Many new CR packaging concepts apply more complex and sophisticated opening mechanisms. For instance, UK packaging producer Burgopak ‘s sliding CR blister pack can only be opened by applying pressure at two separate points on the packaging. The blister pack and information leaflets are integrated with the outer box, which ensures the product is never separated from its packaging.
Eco-friendly pharma packaging
The pressure to develop sustainable, eco-friendly products is reverberating around the packaging industry as a whole, and has even begun to affect pharmaceutical packaging, one of the industry’s most complex sectors. The development of sustainable packaging is a balancing act for companies serving the pharmaceutical industry – environmental considerations must not lead to any compromise on a package’s safety or accessibility.

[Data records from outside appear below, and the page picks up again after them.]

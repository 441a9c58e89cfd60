-- ===== src/Config/Calls.antt =====
-- src/margo-config.c: the functions of the interface, one by one. The instance is the list of its
-- entries, none where it is null.
use Prim.Native.String.{String}
use mochi_margo.Mercury.{HgReturn}
use mochi_margo.Base.{ℕ, Option, List}
use mochi_margo.AbtConfig.Entries.{PoolEntry, XstreamEntry}
use mochi_margo.Config.Defs.{
  pool_slot, xstream_slot, by_handle, by_name, by_index, LockEvent, Info, find, ref_count, ref_incr,
  release,
}

unfoldable pub margo_find_pool_by_handle :
    Option (List PoolEntry) → ℕ → HgReturn × Option Info × List LockEvent
unfolding find
margo_find_pool_by_handle mid h = find pool_slot mid (by_handle h)

unfoldable pub margo_find_pool_by_name :
    Option (List PoolEntry) → Option String → HgReturn × Option Info × List LockEvent
unfolding find
margo_find_pool_by_name mid s = find pool_slot mid (by_name s)

unfoldable pub margo_find_pool_by_index :
    Option (List PoolEntry) → ℕ → HgReturn × Option Info × List LockEvent
unfolding find
margo_find_pool_by_index mid i = find pool_slot mid (by_index i)

unfoldable pub pool_ref_incr_by_handle :
    Option (List PoolEntry) → ℕ → HgReturn × Option (List PoolEntry) × List LockEvent
unfolding ref_incr
pool_ref_incr_by_handle mid h = ref_incr pool_slot mid (by_handle h)

unfoldable pub pool_ref_incr_by_name :
    Option (List PoolEntry) → Option String → HgReturn × Option (List PoolEntry) × List LockEvent
unfolding ref_incr
pool_ref_incr_by_name mid s = ref_incr pool_slot mid (by_name s)

unfoldable pub pool_ref_incr_by_index :
    Option (List PoolEntry) → ℕ → HgReturn × Option (List PoolEntry) × List LockEvent
unfolding ref_incr
pool_ref_incr_by_index mid i = ref_incr pool_slot mid (by_index i)

unfoldable pub pool_ref_count_by_handle :
    Option (List PoolEntry) → ℕ → HgReturn × Option ℕ × List LockEvent
unfolding ref_count
pool_ref_count_by_handle mid h = ref_count pool_slot mid (by_handle h)

unfoldable pub pool_ref_count_by_name :
    Option (List PoolEntry) → Option String → HgReturn × Option ℕ × List LockEvent
unfolding ref_count
pool_ref_count_by_name mid s = ref_count pool_slot mid (by_name s)

unfoldable pub pool_ref_count_by_index :
    Option (List PoolEntry) → ℕ → HgReturn × Option ℕ × List LockEvent
unfolding ref_count
pool_ref_count_by_index mid i = ref_count pool_slot mid (by_index i)

unfoldable pub pool_release_by_handle :
    Option (List PoolEntry) → ℕ → HgReturn × Option (List PoolEntry) × List LockEvent
unfolding release
pool_release_by_handle mid h = release pool_slot mid (by_handle h)

unfoldable pub pool_release_by_name :
    Option (List PoolEntry) → Option String → HgReturn × Option (List PoolEntry) × List LockEvent
unfolding release
pool_release_by_name mid s = release pool_slot mid (by_name s)

unfoldable pub pool_release_by_index :
    Option (List PoolEntry) → ℕ → HgReturn × Option (List PoolEntry) × List LockEvent
unfolding release
pool_release_by_index mid i = release pool_slot mid (by_index i)

unfoldable pub margo_find_xstream_by_handle :
    Option (List XstreamEntry) → ℕ → HgReturn × Option Info × List LockEvent
unfolding find
margo_find_xstream_by_handle mid h = find xstream_slot mid (by_handle h)

unfoldable pub margo_find_xstream_by_name :
    Option (List XstreamEntry) → Option String → HgReturn × Option Info × List LockEvent
unfolding find
margo_find_xstream_by_name mid s = find xstream_slot mid (by_name s)

unfoldable pub margo_find_xstream_by_index :
    Option (List XstreamEntry) → ℕ → HgReturn × Option Info × List LockEvent
unfolding find
margo_find_xstream_by_index mid i = find xstream_slot mid (by_index i)

unfoldable pub xstream_ref_incr_by_handle :
    Option (List XstreamEntry) → ℕ → HgReturn × Option (List XstreamEntry) × List LockEvent
unfolding ref_incr
xstream_ref_incr_by_handle mid h = ref_incr xstream_slot mid (by_handle h)

unfoldable pub xstream_ref_incr_by_name :
    Option (List XstreamEntry)
    → Option String
    → HgReturn × Option (List XstreamEntry) × List LockEvent
unfolding ref_incr
xstream_ref_incr_by_name mid s = ref_incr xstream_slot mid (by_name s)

unfoldable pub xstream_ref_incr_by_index :
    Option (List XstreamEntry) → ℕ → HgReturn × Option (List XstreamEntry) × List LockEvent
unfolding ref_incr
xstream_ref_incr_by_index mid i = ref_incr xstream_slot mid (by_index i)

unfoldable pub xstream_ref_count_by_handle :
    Option (List XstreamEntry) → ℕ → HgReturn × Option ℕ × List LockEvent
unfolding ref_count
xstream_ref_count_by_handle mid h = ref_count xstream_slot mid (by_handle h)

unfoldable pub xstream_ref_count_by_name :
    Option (List XstreamEntry) → Option String → HgReturn × Option ℕ × List LockEvent
unfolding ref_count
xstream_ref_count_by_name mid s = ref_count xstream_slot mid (by_name s)

unfoldable pub xstream_ref_count_by_index :
    Option (List XstreamEntry) → ℕ → HgReturn × Option ℕ × List LockEvent
unfolding ref_count
xstream_ref_count_by_index mid i = ref_count xstream_slot mid (by_index i)

unfoldable pub xstream_release_by_handle :
    Option (List XstreamEntry) → ℕ → HgReturn × Option (List XstreamEntry) × List LockEvent
unfolding release
xstream_release_by_handle mid h = release xstream_slot mid (by_handle h)

unfoldable pub xstream_release_by_name :
    Option (List XstreamEntry)
    → Option String
    → HgReturn × Option (List XstreamEntry) × List LockEvent
unfolding release
xstream_release_by_name mid s = release xstream_slot mid (by_name s)

unfoldable pub xstream_release_by_index :
    Option (List XstreamEntry) → ℕ → HgReturn × Option (List XstreamEntry) × List LockEvent
unfolding release
xstream_release_by_index mid i = release xstream_slot mid (by_index i)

New pharmaceutical packaging concepts are beginning to emerge that address environmental concerns without sacrificing packaging advances made in the last decade. In August 2011, Keystone Folding Box Company and Legacy Pharmaceutical Packaging launched their Ecoslide-RX sustainable compliance packaging.
The pack is made from 100% recycled material, using unbleached paperboard and a clay-coated surface designed to house blister packaging with a minimum of unsustainable film and foil. The slide package meets all the modern expectations for child-resistance and accessibility for seniors, but doesn’t require heat sealing in the manufacturing process, reducing both costs and energy usage. "It is the most economical and environmentally friendly compliance packaging available today," said Keystone marketing director Ward Smith on the product’s launch.
Environmental awareness is even starting to extend to the syringe market, perhaps the most complex field of primary pharmaceutical packaging, with concepts like Cambridge Consultants’ Syreen prefilled syringe design. Syreen syringes replace glass with cyclic olefin polymer (COP), this material has allowed Cambridge to jettison secondary packaging altogether as the COP design forms its own outer shell.
The ability of packed syringes to clip into place also eliminates the need for packing materials like styrofoam and cardboard. The concept reduces packaging weight by 30% and volume by 50%, compared to standard packaging, while also incorporating anti-needlestick measures and ejectable needles so the rest of the syringe can be recycled.